Why this matters for marketing teams

For advertising and marketing organizations, the Atlas launch is a data point in a longer argument about where AI value actually gets created inside enterprise marketing stacks. Through 2025 and into 2026, PPC Land has tracked a dense cluster of vendors racing to position their own data as the intelligence layer through which automated marketing decisions flow, from retail media platforms to demand-side platforms to measurement vendors. Atlas enters that competition from a specific angle: rather than building a new destination platform, Adverity is betting that the winning position is the layer sitting quietly beneath whatever AI interface a marketing team already prefers, whether that is an internal dashboard, an agent built in-house, or a general-purpose assistant like Claude or ChatGPT accessed through MCP.

That bet carries a practical implication for buyers evaluating AI vendors this year. The question worth asking of any marketing AI tool is no longer only "does the model perform well," but "does the system answering my question actually know what happened in my business this week." Adverity's own September 2025 data quality research suggests that question has gone unasked for longer than the industry might like to admit, given how many chief marketing officers reported confidence in data they simultaneously acknowledged was unreliable. Whether a governed knowledge layer closes that gap in practice, rather than simply reframing it, is a question that will only be answered once enterprise customers report results from real deployments, not from a launch announcement.

Timeline

  • September 5, 2025 - Adverity publishes research finding 45% of marketing data used for business decisions is incomplete, inaccurate, or outdated, based on a survey of 200 chief marketing officers.
  • September 12, 2025 - Adverity launches Adverity Intelligence, its first AI-powered analytics layer, built on Model Context Protocol technology with an initial MMM Agent for Google Meridian.
  • November 2024 - Anthropic introduces the Model Context Protocol as an open standard connecting AI assistants to external data and tools, the technology underpinning one of Atlas's two access modes.
  • July 7, 2026 - Adverity launches Adverity Atlas from London and New York, positioning it as a governed marketing knowledge layer sitting atop enterprise data warehouses including Snowflake, BigQuery, Databricks, and Redshift.

Summary

Who: Adverity, a Vienna-based marketing data intelligence company serving more than 600 customers worldwide including Unilever, American Express, Barilla, IPG Mediabrands, GroupM, and Dentsu.

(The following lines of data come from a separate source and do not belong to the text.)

-- ===== src/BranchApply/Choice.antt =====
-- resolve_apply_repository of src/branch/apply.ts.
use patchlab.Common.{
  Text, ◌≡◌, ◌≢◌, refl, arith, All, text_eq, text_eq_refl, has, lower, Bool, true, false, ◌||◌,
  List, [], ◌∷◌, map, Option, none, some, Result, ok, err, if◌then◌else◌, find_first,
}
use patchlab.PathContainment.{unify_separator}
use patchlab.Manifest.{SandboxManifest, manifest_repositories}

pub data Platform : Type 0 where
  windows darwin posix : Platform

unfoldable pub paths_equal : Platform → Text → Text → Bool
paths_equal windows a b =
    text_eq a b || text_eq (map lower (map unify_separator a)) (map lower (map unify_separator b))
paths_equal darwin a b = text_eq a b || text_eq (map lower a) (map lower b)
paths_equal posix a b = text_eq a b

pub data RepositoryError : Type 0 where
  several_repositories : (choices : List Text) → RepositoryError
  not_in_repositories : (resolved_input : Text) (choices : List Text) → RepositoryError

abbrev pub only_repository : List Text → Result RepositoryError Text
only_repository (repository ∷ []) = ok repository
only_repository repositories = err (several_repositories repositories)

abbrev pub matched_repository : Text → List Text → Option Text → Result RepositoryError Text
matched_repository resolved_input repositories none =
    err (not_in_repositories resolved_input repositories)
matched_repository resolved_input repositories (some match) = ok match

-- `resolve` is `path.resolve`.
unfoldable pub resolve_apply_repository :
    Platform
    → (resolve : Text → Text) → SandboxManifest
    → (supplied_value : Option Text) → Result RepositoryError Text
resolve_apply_repository platform resolve manifest none =
    only_repository (manifest_repositories manifest)
resolve_apply_repository platform resolve manifest (some supplied) =
    matched_repository (resolve supplied) (manifest_repositories manifest) (
      find_first (λ repository. paths_equal platform repository (resolve supplied))
        (manifest_repositories manifest))

-- What there is to say of an answer for the repositories
abbrev pub IsChoice :
    (same : Text → Text → Bool)
    → (resolve : Text → Text) → List Text
    → Option Text
    → Result RepositoryError Text
    → Type 0
IsChoice same resolve repositories none (ok root) = repositories ≡ root ∷ []
IsChoice same resolve repositories none (err thrown) = (root : Text) → repositories ≢ root ∷ []
IsChoice same resolve repositories (some supplied) (ok root) =
    (has repositories root ≡ true) × (same root (resolve supplied) ≡ true)
IsChoice same resolve repositories (some supplied) (err thrown) =
    All (λ root. same root (resolve supplied) ≡ false) repositories

only_repository-IsChoice :
    (same : Text → Text → Bool) (resolve : Text → Text) (repositories : List Text)
    → IsChoice same resolve repositories none (only_repository repositories)
only_repository-IsChoice same resolve [] = λ root (h : [] ≡ root ∷ []). cc
only_repository-IsChoice same resolve (root ∷ []) = refl
only_repository-IsChoice same resolve (first ∷ second ∷ rest) =
    λ root (h : first ∷ second ∷ rest ≡ root ∷ []). cc

matched_repository-IsChoice :
    (same : Text → Text → Bool) (resolve : Text → Text) (supplied : Text)
    (repositories all : List Text)
    → IsChoice same resolve repositories (some supplied) (
        matched_repository
          (resolve supplied)
          all
          (find_first (λ repository. same repository (resolve supplied)) repositories))
unfolding has
matched_repository-IsChoice same resolve supplied [] all = tt
matched_repository-IsChoice same resolve supplied (root ∷ roots) all =
    decide (same root (resolve supplied)) refl
      (find_first (λ repository. same repository (resolve supplied)) roots)
      (matched_repository-IsChoice same resolve supplied roots all)
  where
    decide :
        (equal : Bool)
        → same root (resolve supplied) ≡ equal
        → (found : Option Text)
        → IsChoice same resolve roots
            (some supplied)
            (matched_repository (resolve supplied) all found)
        → IsChoice same resolve
            (root ∷ roots)
            (some supplied)
            (matched_repository (resolve supplied) all (if equal then some root else found))
    decide true h found rest = (rw (text_eq_refl root) refl, h)
    decide false h none rest = (h, rest)
    decide false h (some match) (there, equal) = (ground (arith, there), equal)

-- Without a value `resolve_apply_repository` answers the patchlab's repository where there is exactly
-- one, and throws otherwise. With a value it answers a repository of the patchlab that is equal for the
-- platform to the value's resolved path, and throws exactly where none is.
pub resolve_apply_repository-IsChoice :
    (platform : Platform) (resolve : Text → Text) (manifest : SandboxManifest)
    (supplied_value : Option Text)
    → IsChoice
        (paths_equal platform)
        resolve
        (manifest_repositories manifest)
        supplied_value
        (resolve_apply_repository platform resolve manifest supplied_value)
unfolding resolve_apply_repository
resolve_apply_repository-IsChoice platform resolve manifest none =
    only_repository-IsChoice (paths_equal platform) resolve (manifest_repositories manifest)
resolve_apply_repository-IsChoice platform resolve manifest (some supplied) =
    matched_repository-IsChoice (paths_equal platform) resolve supplied
      (manifest_repositories manifest) (manifest_repositories manifest)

What: The launch of Adverity Atlas, a marketing knowledge layer that sits atop enterprise data warehouses, including Snowflake, BigQuery, Databricks, and Redshift, giving AI systems governed context about marketing data without requiring data migration.

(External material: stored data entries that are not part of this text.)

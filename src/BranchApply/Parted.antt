-- ===== src/BranchApply/Parted.antt =====
-- Which candidates a cherry-picking run of src/branch/apply.ts applies and skips.
use patchlab.Common.{
  ◌≡◌, refl, arith, has, sym, ap, ◌∙◌, Text, Bool, true, false, not, List, [], ◌∷◌, ◌++◌, map,
  append_assoc, append-nil, Option, none, some, ok, err, filterb, if◌then◌else◌,
}
use mathlib.Core.Path.{subst}
use mathlib.Core.List.{map-append}
use patchlab.BranchApply.{
  AppliedItem, ApplyConflict, ApplyResult, Command, pick, Repository, Traced, attempted, attempt,
  compute_cherry_summary, read_current_branch,
}
use patchlab.BranchApply.Pick.{
  is_applied, Progress, skipped_next, picked, pick_failed, pick_each, nothing_yet,
  cherry_pick_candidates,
}

filterb-snoc :
    (p : AppliedItem → Bool) (items : List AppliedItem) (item : AppliedItem)
    → filterb p (items ++ item ∷ []) ≡ filterb p items ++ (if p item then item ∷ [] else [])
filterb-snoc p [] item = refl
filterb-snoc p (first ∷ items) item =
    elim (p first)
      as (λ t.
        (if t then first ∷ filterb p (items ++ item ∷ []) else filterb p (items ++ item ∷ []))
        ≡ (if t then first ∷ filterb p items else filterb p items)
          ++ (if p item then item ∷ [] else [])) [
            | true ↦ ap (λ t. first ∷ t) (filterb-snoc p items item)
            | false ↦ filterb-snoc p items item
          ]

filterb-kept :
    (p : AppliedItem → Bool) (items : List AppliedItem) (item : AppliedItem)
    → p item ≡ true
    → filterb p (items ++ item ∷ []) ≡ filterb p items ++ item ∷ []
filterb-kept p items item h =
    filterb-snoc p items item ∙ ap (λ t. filterb p items ++ (if t then item ∷ [] else [])) h

filterb-dropped :
    (p : AppliedItem → Bool) (items : List AppliedItem) (item : AppliedItem)
    → p item ≡ false
    → filterb p (items ++ item ∷ []) ≡ filterb p items
filterb-dropped p items item h =
    filterb-snoc p items item
    ∙ ap (λ t. filterb p items ++ (if t then item ∷ [] else [])) h
    ∙ append-nil (filterb p items)

abbrev pub picks : List AppliedItem → List Command
picks = map (λ item. pick item.commit_sha)

picks-snoc :
    (items : List AppliedItem) (item : AppliedItem)
    → picks (items ++ item ∷ []) ≡ picks items ++ pick item.commit_sha ∷ []
picks-snoc items item = map-append (λ item. pick item.commit_sha) items (item ∷ [])

-- It is to be picked: it is listed as unapplied, or nothing could be listed.
abbrev pub is_pending : Option (List Text) → AppliedItem → Bool
is_pending none item = true
is_pending (some unapplied) item = has unapplied item.commit_sha

abbrev pub is_settled : Option (List Text) → AppliedItem → Bool
is_settled summary item = not (is_pending summary item)

is_applied-is_settled :
    (summary : Option (List Text)) (item : AppliedItem)
    → is_applied summary item ≡ is_settled summary item
is_applied-is_settled none item = refl
is_applied-is_settled (some unapplied) item = refl

-- The conflict, the candidates that were not dealt with, and the commands that failed
pub data EndsWith (summary : Option (List Text))
    : Option ApplyConflict → List AppliedItem → List Command → Type 0 where
  all_done : EndsWith summary none [] []
  stopped_on :
      {conflict : ApplyConflict} (next : AppliedItem) (later : List AppliedItem)
      → is_applied summary next ≡ false
      → conflict.session_number ≡ next.session_number
      → conflict.commit_sha ≡ next.commit_sha
      → EndsWith summary (some conflict) (next ∷ later) (pick next.commit_sha ∷ [])

pub record IsParted (summary : Option (List Text)) (candidates : List AppliedItem)
    (result : ApplyResult) (ran : List Command) : Type 0 where
  pub dealt_with : List AppliedItem
  pub left : List AppliedItem
  pub failing : List Command
  pub parted : candidates ≡ dealt_with ++ left
  pub applied : result.applied ≡ filterb (is_pending summary) dealt_with
  pub skipped : result.skipped ≡ filterb (is_settled summary) dealt_with
  pub commands : ran ≡ picks result.applied ++ failing
  pub ending : EndsWith summary result.conflict left failing

abbrev pub Parts : Option (List Text) → List AppliedItem → Traced → Type 0
Parts summary candidates (ok result, ran) = IsParted summary candidates result ran
Parts summary candidates (err message, ran) = ⊥

-- The invariant of the loop, where the candidates `before` are dealt with
record Holds (summary : Option (List Text)) (before : List AppliedItem) (so_far : Progress)
    : Type 0 where
  applied : so_far.applied ≡ filterb (is_pending summary) before
  skipped : so_far.skipped ≡ filterb (is_settled summary) before
  ran : so_far.ran ≡ picks so_far.applied

module _ (repository : Repository) (summary : Option (List Text)) where
  skipped_next-Holds :
      (candidate : AppliedItem) (before : List AppliedItem) (so_far : Progress)
      → Holds summary before so_far
      → is_applied summary candidate ≡ true
      → Holds summary (before ++ candidate ∷ []) (skipped_next candidate so_far)
  skipped_next-Holds candidate before so_far holds h = record {
    applied =
        holds.applied
        ∙ sym (
            filterb-dropped (is_pending summary) before candidate
              (ground (arith, is_applied-is_settled summary candidate, h)));
    skipped =
        ap (λ t. t ++ candidate ∷ []) holds.skipped
        ∙ sym (
            filterb-kept (is_settled summary) before candidate
              (sym (is_applied-is_settled summary candidate) ∙ h));
    ran = holds.ran;
  }

  picked-Holds :
      (candidate : AppliedItem) (before : List AppliedItem) (so_far : Progress)
      → Holds summary before so_far
      → is_applied summary candidate ≡ false
      → Holds summary
          (before ++ candidate ∷ [])
          (picked candidate so_far (so_far.ran ++ pick candidate.commit_sha ∷ []))
  picked-Holds candidate before so_far holds h = record {
    applied =
        ap (λ t. t ++ candidate ∷ []) holds.applied
        ∙ sym (
            filterb-kept (is_pending summary) before candidate
              (ground (arith, is_applied-is_settled summary candidate, h)));
    skipped =
        holds.skipped
        ∙ sym (
            filterb-dropped (is_settled summary) before candidate
              (sym (is_applied-is_settled summary candidate) ∙ h));
    ran =
        ap (λ t. t ++ pick candidate.commit_sha ∷ []) holds.ran
        ∙ sym (picks-snoc so_far.applied candidate);
  }

  pick_each-Parts :
      (before candidates : List AppliedItem) (so_far : Progress)
      → Holds summary before so_far
      → Parts summary (before ++ candidates) (pick_each repository summary so_far candidates)
  unfolding pick_each
  pick_each-Parts before [] so_far holds = record {
    dealt_with = before;
    left = [];
    failing = [];
    parted = refl;
    applied = holds.applied;
    skipped = holds.skipped;
    commands = holds.ran ∙ sym (append-nil (picks so_far.applied));
    ending = all_done;
  }
  pick_each-Parts before (candidate ∷ candidates) so_far holds =
      decide (is_applied summary candidate) refl
        (λ next. pick_each-Parts (before ++ candidate ∷ []) candidates next)
    where
      decide :
          (skips : Bool)
          → is_applied summary candidate ≡ skips
          → ((next : Progress)
              → Holds summary (before ++ candidate ∷ []) next
              → Parts summary
                  ((before ++ candidate ∷ []) ++ candidates)
                  (pick_each repository summary next candidates))
          → Parts summary (before ++ candidate ∷ candidates) (elim skips [
            | true ↦ pick_each repository summary (skipped_next candidate so_far) candidates
            | false ↦
                attempt repository
                  (pick candidate.commit_sha)
                  so_far.ran
                  (pick_failed repository candidate so_far)
                  (λ ran. pick_each repository summary (picked candidate so_far ran) candidates)
          ])
      decide true h later =
          subst
            (λ all.
              Parts summary all
                (pick_each repository summary (skipped_next candidate so_far) candidates))
            (append_assoc before (candidate ∷ []) candidates)
            (later (skipped_next candidate so_far)
              (skipped_next-Holds candidate before so_far holds h))
      decide false h later =
          elim (repository.run so_far.ran (pick candidate.commit_sha))
            as (λ answer. Parts summary (before ++ candidate ∷ candidates) (
              attempted answer (so_far.ran ++ pick candidate.commit_sha ∷ [])
                (pick_failed repository candidate so_far)
                (λ ran. pick_each repository summary (picked candidate so_far ran) candidates))) [
                  | none ↦
                      let next =
                        picked candidate so_far (so_far.ran ++ pick candidate.commit_sha ∷ []) in
                      subst
                        (λ all. Parts summary all (pick_each repository summary next candidates))
                        (append_assoc before (candidate ∷ []) candidates)
                        (later next (picked-Holds candidate before so_far holds h))
                  | some failure ↦ record {
                    dealt_with = before;
                    left = candidate ∷ candidates;
                    failing = pick candidate.commit_sha ∷ [];
                    parted = refl;
                    applied = holds.applied;
                    skipped = holds.skipped;
                    commands = ap (λ t. t ++ pick candidate.commit_sha ∷ []) holds.ran;
                    ending =
                        stopped_on candidate candidates
                          (ground (arith, is_applied-is_settled summary candidate, h)) refl refl;
                  }
                ]

pub cherry_pick_candidates-Parts :
    (repository : Repository) (branch : Text) (candidates : List AppliedItem)
    → Parts
        (compute_cherry_summary repository (read_current_branch repository) branch)
        candidates
        (cherry_pick_candidates repository branch candidates)
unfolding cherry_pick_candidates
cherry_pick_candidates-Parts repository branch candidates =
    pick_each-Parts repository
      (compute_cherry_summary repository (read_current_branch repository) branch) [] candidates
      nothing_yet (record { applied = refl; skipped = refl; ran = refl })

When: Announced July 7, 2026, from Adverity's London and New York offices.

Where: Available at launch to enterprise and agency customers in the DACH region, the UK, and the US.

Why: The launch responds to a persistent gap between AI pilot activity and production deployment across enterprise marketing, a gap the company attributes to AI systems lacking situational business context rather than to weaknesses in the underlying models themselves.